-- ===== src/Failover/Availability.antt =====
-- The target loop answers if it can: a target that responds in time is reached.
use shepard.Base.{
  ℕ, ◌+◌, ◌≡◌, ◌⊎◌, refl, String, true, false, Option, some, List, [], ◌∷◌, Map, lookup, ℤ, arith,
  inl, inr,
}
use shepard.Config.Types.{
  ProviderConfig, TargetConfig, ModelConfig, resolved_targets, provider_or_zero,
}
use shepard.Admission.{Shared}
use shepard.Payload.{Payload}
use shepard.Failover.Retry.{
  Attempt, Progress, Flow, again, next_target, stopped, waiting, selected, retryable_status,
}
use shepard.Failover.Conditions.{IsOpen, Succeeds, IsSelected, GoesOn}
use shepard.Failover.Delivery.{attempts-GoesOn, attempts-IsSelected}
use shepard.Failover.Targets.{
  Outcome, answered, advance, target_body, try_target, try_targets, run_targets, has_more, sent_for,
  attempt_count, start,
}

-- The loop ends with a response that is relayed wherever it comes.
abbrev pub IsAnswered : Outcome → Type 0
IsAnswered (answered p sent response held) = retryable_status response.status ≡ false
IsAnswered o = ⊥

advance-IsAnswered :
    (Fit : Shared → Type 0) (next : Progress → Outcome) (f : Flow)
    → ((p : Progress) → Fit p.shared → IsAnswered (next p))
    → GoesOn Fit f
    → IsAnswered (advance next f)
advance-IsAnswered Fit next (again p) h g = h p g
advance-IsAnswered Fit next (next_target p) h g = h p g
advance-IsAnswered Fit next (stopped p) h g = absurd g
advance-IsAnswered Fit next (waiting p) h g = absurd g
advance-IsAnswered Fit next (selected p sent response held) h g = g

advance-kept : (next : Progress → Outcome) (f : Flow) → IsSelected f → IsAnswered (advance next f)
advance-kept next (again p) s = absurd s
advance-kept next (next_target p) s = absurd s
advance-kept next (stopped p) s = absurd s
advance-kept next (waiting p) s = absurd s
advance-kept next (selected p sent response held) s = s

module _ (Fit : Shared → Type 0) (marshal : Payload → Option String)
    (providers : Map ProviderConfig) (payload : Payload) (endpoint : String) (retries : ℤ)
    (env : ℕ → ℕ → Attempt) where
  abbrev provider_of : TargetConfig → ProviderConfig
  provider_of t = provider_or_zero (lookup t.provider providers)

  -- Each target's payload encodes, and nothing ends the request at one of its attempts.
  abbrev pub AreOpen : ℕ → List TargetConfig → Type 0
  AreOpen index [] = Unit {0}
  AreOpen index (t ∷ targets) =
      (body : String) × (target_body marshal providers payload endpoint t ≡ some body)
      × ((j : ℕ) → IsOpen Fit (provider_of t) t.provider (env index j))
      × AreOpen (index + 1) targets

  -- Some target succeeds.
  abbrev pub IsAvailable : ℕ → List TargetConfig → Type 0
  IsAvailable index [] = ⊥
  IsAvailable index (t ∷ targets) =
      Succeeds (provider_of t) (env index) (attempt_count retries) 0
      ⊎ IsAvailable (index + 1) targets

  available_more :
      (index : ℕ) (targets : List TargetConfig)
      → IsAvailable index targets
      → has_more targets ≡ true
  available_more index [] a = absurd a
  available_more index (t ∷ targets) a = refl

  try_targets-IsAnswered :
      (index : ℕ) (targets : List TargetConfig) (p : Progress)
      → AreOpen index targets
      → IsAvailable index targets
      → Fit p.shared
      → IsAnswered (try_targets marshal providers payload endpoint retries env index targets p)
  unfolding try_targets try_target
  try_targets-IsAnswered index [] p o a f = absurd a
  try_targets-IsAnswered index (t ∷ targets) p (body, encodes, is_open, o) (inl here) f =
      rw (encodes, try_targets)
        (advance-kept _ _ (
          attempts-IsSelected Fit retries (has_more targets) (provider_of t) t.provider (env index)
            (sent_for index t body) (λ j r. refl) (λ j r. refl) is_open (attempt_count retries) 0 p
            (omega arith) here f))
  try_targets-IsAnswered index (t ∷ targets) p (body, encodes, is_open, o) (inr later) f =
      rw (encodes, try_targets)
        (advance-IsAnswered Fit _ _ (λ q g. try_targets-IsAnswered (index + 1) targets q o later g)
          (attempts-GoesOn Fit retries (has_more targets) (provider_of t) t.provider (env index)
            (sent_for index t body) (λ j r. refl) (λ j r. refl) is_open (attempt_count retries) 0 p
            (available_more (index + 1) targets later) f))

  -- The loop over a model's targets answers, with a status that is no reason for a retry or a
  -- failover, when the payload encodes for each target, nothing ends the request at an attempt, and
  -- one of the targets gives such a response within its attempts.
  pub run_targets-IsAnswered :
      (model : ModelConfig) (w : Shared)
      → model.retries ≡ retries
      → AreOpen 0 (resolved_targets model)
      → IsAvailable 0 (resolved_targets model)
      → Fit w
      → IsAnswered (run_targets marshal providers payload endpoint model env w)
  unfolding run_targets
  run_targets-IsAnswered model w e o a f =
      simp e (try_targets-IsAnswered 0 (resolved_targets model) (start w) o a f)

==

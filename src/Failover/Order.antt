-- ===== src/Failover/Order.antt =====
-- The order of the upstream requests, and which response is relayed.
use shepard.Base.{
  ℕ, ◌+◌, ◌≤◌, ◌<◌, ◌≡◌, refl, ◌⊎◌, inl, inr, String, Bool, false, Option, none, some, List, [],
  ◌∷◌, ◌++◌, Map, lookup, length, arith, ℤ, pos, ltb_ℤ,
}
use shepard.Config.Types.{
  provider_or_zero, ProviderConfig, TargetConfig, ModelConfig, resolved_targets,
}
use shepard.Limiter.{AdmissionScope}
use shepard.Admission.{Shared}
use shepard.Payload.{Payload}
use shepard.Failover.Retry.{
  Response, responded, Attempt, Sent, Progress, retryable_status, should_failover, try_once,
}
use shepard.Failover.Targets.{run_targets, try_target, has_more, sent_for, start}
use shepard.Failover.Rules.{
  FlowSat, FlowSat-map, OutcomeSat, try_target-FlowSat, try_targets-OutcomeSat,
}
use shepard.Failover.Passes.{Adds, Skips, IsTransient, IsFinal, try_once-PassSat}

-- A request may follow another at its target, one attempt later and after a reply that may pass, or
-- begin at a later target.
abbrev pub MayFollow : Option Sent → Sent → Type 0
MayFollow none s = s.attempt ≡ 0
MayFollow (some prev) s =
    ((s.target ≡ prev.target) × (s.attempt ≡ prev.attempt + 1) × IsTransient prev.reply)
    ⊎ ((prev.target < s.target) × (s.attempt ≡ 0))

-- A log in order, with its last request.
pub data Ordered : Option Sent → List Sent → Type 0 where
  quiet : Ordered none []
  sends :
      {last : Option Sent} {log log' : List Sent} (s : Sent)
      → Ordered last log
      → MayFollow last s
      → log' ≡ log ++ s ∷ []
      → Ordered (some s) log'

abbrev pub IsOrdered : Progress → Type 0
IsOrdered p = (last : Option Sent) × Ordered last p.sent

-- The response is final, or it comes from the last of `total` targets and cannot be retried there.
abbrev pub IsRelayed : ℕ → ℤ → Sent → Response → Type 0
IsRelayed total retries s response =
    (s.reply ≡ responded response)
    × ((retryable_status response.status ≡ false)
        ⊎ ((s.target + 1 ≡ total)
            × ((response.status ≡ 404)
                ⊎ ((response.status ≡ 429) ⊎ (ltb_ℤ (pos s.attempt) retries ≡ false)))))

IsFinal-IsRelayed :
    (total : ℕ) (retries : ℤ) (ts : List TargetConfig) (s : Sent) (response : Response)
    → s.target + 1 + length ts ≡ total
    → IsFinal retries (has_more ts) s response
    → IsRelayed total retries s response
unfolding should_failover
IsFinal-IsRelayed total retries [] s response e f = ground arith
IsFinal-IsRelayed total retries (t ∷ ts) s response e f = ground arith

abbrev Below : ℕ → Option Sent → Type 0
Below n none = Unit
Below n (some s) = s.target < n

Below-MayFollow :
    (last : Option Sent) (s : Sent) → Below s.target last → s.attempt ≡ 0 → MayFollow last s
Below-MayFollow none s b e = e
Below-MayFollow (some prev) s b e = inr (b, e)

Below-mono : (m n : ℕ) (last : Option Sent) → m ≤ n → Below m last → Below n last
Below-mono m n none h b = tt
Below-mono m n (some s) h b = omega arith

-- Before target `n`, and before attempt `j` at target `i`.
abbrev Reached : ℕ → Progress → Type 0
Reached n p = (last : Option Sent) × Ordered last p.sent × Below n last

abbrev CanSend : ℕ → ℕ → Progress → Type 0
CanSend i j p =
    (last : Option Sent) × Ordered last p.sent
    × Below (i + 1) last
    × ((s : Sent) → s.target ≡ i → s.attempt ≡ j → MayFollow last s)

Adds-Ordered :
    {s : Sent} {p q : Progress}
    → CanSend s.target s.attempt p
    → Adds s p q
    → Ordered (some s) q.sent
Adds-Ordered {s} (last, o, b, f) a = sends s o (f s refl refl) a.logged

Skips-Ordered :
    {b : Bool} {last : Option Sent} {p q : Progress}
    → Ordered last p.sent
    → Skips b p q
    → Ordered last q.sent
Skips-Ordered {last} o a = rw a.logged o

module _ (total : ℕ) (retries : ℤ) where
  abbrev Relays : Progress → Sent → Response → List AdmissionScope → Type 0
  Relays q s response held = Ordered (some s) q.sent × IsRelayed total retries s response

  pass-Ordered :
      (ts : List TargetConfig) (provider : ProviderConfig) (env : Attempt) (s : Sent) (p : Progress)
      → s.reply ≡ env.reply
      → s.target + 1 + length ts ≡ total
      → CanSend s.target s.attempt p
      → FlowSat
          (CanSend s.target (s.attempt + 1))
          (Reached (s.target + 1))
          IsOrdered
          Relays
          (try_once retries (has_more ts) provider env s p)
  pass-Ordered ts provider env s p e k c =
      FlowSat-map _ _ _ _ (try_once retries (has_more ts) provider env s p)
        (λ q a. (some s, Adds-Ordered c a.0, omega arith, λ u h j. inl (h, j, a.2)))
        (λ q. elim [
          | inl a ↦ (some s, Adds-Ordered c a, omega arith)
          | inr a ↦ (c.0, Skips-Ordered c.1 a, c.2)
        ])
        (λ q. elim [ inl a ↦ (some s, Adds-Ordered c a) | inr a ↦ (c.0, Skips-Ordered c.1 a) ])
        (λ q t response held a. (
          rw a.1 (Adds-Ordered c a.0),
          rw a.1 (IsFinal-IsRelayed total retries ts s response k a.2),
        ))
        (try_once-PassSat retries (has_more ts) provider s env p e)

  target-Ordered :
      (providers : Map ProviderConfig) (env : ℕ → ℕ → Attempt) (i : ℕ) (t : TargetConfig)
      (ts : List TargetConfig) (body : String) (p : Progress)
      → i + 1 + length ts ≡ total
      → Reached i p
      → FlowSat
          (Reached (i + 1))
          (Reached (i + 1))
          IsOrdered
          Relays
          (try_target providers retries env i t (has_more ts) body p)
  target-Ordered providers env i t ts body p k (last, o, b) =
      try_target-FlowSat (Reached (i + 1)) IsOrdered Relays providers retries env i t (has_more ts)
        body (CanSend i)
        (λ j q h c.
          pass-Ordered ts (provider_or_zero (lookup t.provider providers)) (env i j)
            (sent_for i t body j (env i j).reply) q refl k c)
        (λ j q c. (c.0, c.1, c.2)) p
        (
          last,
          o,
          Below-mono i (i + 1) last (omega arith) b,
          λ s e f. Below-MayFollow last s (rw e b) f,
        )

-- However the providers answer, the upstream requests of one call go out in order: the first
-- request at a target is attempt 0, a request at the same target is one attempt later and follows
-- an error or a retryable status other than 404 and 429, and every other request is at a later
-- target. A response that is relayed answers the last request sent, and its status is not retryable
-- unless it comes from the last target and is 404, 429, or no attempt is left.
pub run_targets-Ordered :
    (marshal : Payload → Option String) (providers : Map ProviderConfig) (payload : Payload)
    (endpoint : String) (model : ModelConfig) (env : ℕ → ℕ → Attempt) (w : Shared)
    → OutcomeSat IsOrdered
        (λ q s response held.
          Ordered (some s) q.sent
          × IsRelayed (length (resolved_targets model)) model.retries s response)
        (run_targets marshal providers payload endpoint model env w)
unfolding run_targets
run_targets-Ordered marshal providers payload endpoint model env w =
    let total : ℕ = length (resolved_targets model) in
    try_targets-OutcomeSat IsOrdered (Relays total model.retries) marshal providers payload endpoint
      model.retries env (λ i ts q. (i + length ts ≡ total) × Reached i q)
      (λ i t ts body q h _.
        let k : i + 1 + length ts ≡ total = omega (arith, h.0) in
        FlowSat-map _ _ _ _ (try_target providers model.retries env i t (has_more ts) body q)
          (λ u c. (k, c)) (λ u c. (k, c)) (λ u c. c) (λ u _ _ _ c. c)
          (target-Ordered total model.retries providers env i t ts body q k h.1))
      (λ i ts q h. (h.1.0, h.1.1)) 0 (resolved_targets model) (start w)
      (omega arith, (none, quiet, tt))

==

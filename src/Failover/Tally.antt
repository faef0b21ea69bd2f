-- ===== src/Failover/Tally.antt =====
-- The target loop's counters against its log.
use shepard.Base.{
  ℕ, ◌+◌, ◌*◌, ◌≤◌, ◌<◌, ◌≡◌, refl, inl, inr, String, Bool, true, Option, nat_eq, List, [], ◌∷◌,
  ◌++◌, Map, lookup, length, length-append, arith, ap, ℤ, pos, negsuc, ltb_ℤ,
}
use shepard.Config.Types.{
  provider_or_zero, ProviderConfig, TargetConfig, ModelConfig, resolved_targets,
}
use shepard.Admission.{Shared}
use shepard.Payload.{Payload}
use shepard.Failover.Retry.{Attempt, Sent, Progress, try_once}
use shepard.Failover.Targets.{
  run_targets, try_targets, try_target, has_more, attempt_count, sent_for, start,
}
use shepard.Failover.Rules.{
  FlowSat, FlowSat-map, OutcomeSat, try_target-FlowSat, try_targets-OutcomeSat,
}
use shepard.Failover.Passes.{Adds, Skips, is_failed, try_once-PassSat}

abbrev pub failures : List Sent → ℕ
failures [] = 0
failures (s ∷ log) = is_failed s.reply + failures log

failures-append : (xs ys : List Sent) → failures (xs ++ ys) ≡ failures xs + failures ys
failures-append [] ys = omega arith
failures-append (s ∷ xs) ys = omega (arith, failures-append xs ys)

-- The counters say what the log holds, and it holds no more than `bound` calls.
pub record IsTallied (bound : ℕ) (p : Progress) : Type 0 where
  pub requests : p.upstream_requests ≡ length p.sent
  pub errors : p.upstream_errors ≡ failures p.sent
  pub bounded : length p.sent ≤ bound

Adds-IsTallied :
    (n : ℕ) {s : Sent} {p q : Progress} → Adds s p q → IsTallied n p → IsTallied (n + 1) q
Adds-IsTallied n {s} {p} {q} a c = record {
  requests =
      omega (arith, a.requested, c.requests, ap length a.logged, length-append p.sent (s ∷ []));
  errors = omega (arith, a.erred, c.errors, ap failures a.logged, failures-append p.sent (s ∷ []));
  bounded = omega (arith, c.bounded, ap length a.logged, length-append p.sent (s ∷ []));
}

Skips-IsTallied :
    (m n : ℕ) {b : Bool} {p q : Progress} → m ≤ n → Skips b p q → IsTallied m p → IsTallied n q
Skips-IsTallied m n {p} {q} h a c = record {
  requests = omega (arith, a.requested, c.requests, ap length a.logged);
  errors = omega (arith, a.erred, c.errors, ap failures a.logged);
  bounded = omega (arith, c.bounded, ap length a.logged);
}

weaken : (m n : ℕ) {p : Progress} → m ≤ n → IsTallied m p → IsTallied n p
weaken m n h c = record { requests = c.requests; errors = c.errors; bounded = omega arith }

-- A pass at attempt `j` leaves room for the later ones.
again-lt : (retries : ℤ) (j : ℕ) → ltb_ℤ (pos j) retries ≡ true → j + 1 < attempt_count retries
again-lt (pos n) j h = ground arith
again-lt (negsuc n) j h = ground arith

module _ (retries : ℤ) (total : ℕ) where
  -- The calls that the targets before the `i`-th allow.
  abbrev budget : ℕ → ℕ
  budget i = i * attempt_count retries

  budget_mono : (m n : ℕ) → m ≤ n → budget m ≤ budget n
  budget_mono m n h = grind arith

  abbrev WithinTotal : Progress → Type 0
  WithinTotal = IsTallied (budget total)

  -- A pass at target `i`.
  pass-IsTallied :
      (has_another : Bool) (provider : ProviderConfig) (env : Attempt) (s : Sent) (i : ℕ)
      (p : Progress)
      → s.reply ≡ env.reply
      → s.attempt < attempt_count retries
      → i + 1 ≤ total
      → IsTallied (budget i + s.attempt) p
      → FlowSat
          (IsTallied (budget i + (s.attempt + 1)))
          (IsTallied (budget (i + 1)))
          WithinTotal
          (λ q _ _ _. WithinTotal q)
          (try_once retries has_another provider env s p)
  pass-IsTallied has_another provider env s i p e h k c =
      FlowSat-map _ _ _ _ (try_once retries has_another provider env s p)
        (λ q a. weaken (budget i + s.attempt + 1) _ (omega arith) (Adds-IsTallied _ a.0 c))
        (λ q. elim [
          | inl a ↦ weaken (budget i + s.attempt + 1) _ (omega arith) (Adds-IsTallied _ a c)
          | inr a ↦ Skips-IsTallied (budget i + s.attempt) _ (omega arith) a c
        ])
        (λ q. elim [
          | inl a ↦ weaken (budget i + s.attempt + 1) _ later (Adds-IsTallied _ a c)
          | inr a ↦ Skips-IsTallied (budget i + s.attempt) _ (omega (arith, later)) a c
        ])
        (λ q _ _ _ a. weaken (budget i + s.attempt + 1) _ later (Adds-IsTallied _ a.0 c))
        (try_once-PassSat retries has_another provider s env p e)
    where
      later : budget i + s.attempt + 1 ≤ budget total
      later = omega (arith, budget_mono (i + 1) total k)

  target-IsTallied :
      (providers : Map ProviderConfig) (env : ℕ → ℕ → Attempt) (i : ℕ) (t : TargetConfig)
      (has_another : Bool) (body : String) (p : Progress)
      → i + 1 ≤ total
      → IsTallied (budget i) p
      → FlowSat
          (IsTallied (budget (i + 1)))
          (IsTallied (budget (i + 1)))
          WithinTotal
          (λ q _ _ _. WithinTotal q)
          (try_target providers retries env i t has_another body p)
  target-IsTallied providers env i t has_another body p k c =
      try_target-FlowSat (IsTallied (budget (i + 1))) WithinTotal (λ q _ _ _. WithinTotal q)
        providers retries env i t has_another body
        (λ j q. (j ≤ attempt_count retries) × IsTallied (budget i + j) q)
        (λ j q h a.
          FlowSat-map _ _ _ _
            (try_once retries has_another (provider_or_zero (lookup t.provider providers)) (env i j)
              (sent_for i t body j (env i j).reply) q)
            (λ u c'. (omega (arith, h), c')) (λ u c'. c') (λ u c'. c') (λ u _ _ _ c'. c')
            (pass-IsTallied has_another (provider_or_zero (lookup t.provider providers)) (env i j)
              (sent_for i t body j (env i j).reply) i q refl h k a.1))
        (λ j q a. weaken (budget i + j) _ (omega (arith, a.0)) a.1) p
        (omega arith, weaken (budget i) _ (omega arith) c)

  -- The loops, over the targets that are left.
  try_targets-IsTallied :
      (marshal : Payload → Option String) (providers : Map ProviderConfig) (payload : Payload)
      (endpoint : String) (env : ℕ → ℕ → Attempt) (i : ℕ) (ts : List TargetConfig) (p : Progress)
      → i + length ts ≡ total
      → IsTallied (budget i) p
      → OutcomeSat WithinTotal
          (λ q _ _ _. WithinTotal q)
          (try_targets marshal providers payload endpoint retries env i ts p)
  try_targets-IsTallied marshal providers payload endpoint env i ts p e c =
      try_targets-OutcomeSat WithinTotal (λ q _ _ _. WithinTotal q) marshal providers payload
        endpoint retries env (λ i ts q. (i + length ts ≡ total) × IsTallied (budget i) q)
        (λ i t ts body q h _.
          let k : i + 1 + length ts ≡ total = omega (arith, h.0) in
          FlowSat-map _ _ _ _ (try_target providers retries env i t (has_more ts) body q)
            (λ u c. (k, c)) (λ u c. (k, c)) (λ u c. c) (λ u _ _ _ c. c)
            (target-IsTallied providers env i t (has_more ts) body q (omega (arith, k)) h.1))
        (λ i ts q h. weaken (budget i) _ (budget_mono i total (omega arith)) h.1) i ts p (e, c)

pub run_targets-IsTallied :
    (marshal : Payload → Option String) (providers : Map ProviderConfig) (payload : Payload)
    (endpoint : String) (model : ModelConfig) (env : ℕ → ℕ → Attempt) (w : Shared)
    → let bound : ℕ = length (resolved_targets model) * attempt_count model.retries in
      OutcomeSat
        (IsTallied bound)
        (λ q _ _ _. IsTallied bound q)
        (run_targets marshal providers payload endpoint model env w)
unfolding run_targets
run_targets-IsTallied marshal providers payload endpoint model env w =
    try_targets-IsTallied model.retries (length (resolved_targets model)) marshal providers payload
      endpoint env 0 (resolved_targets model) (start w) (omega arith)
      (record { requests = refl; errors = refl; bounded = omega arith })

▸ Work item
Return only the stretch of the material above from the line holding "((response.status ≡ 404)" through the line holding "unfolding should_failover", copied exactly.

▸ Task response
            × ((response.status ≡ 404)
                ⊎ ((response.status ≡ 429) ⊎ (ltb_ℤ (pos s.attempt) retries ≡ false)))))

IsFinal-IsRelayed :
    (total : ℕ) (retries : ℤ) (ts : List TargetConfig) (s : Sent) (response : Response)
    → s.target + 1 + length ts ≡ total
    → IsFinal retries (has_more ts) s response
    → IsRelayed total retries s response
unfolding should_failover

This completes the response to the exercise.